Kurva penularan Covid-19 saat ini semakin miring. Pandemi sebenarnya belum berakhir. Di sisi lain, bisnis pariwisata mulai menanjak, meski belum kembali seperti sebelum pandemi.

peluang dan tantangan

Pandemi sesungguhnya membuka peluang baru yang bisa digali dari bisnis pariwisata. Permasalahan yang muncul akibat kebijakan pembatasan wilayah dan jarak sosial Mencari solusi dengan teknologi. Sebagai contoh acara Pariwisata yang terkait dengan bisnis MICE (Rapat, insentif, perjalanan, konferensi, dan pameran). Mengalami perubahan proses bisnis dengan seminar dan konferensi online yang masih dilaksanakan dan menjadi alternatif proses bisnis bagi para pelaku bisnis MICE.

Peluang berikutnya, segmentasi pasar yang terdiversifikasi. Kebutuhan perjalanan saat ini tidak hanya didominasi oleh kalangan berpenghasilan tinggi. Tapi juga mereka yang berpenghasilan menengah ke bawah. Destinasi wisata lokal memiliki pasar yang menjanjikan.

Secara umum, wisatawan dibagi menjadi dua kelompok. Yakni wisatawan asing dan wisatawan domestik. Nah, sekarang ada turis lokal yang berkunjung ke destinasi wisata lokal. Misalnya pantai di daerah Gunungkidul, Wonogiri dan Pacitan.

Contoh lain adalah pengembangan desa liburan. Misalnya, Desa Ponggok di Kabupaten Klaten dikelola oleh Badan Usaha Milik Desa (BUMDes). Kekayaannya mencapai miliaran rupiah. Oleh karena itu, perusahaan pariwisata perlu lebih serius menangani segmen wisatawan lokal ini. Apalagi di tengah ancaman resesi global yang melanda Eropa dan Amerika Serikat.
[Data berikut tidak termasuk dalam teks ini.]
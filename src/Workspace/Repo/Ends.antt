-- ===== src/Workspace/Repo/Ends.antt =====
-- Repo.Commit of relay/internal/workspace/workspace.go lands as a whole or not at all.
use appunvs.Prelude.{
  ◌≡◌, String, Bool, true, ◌&&◌, Option, none, some, List, [], ◌∷◌, string_eq, is_some, ◌⊎◌,
}
use appunvs.Workspace.Path.{normalize_path}
use appunvs.Workspace.Tree.{Flat}
use appunvs.Workspace.Tree.Emit.{KeepsTrees}
use appunvs.Workspace.Repo.{WriteOp, Git}
use appunvs.Workspace.Repo.Laws.{Documented}
use appunvs.Workspace.Repo.Refines.{Quiet}

unfoldable pub are_legal : List WriteOp → Bool
are_legal [] = true
are_legal (op ∷ ops) = let rest = are_legal ops in is_some (normalize_path op.path) && rest

module _ {G : Type 0} (git : Git G) (trees : KeepsTrees git.put_tree)
    (doc : Documented git trees) where
  -- An error has left HEAD and the objects.
  abbrev Atomic : {A : Type 0} → G → Option A × G → Type 0
  Atomic g (none, g') = Quiet git trees doc g g'
  Atomic g (some a, g') = Unit {0}

  -- How the loop over the operations ends: all paths are legal, or it answers with an error.
  abbrev LoopEnds : List WriteOp → G → Option Flat × G → Type 0
  LoopEnds ops g x =
      Quiet git trees doc g x.1 × ((are_legal ops ≡ true) ⊎ ((g' : G) × (x ≡ (none, g'))))

  -- How a commit ends: with a hash, and then every path is legal; or with an error and all as it was.
  abbrev pub Ends : List WriteOp → G → Option String × G → Type 0
  Ends ops g x =
      ((are_legal ops ≡ true) × (h : String) × (g' : G) × (x ≡ (some h, g')))
      ⊎ ((g' : G) × (x ≡ (none, g')) × Quiet git trees doc g g')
Berikutnya adalah pengembangan klaster pariwisata. Cluster adalah sekelompok perusahaan dalam industri dan lokasi yang sama, dan antara perusahaan yang berbagi hubungan jaringan bisnis yang sama (Porter, 1998).

Dalam konteks bisnis pariwisata itu sendiri, lebih tepat berbicara cluster dengan perusahaan pendukung. Karena klaster pariwisata memiliki core business destinasi atau acara Pariwisata didukung oleh perusahaan pendukung. Misalnya, pantai-pantai di Gunungkidul terdiri dari tujuan wisata pantai yang didukung oleh restoran, warung, toko suvenir, toko suvenir, perusahaan transportasi dan layanan lainnya.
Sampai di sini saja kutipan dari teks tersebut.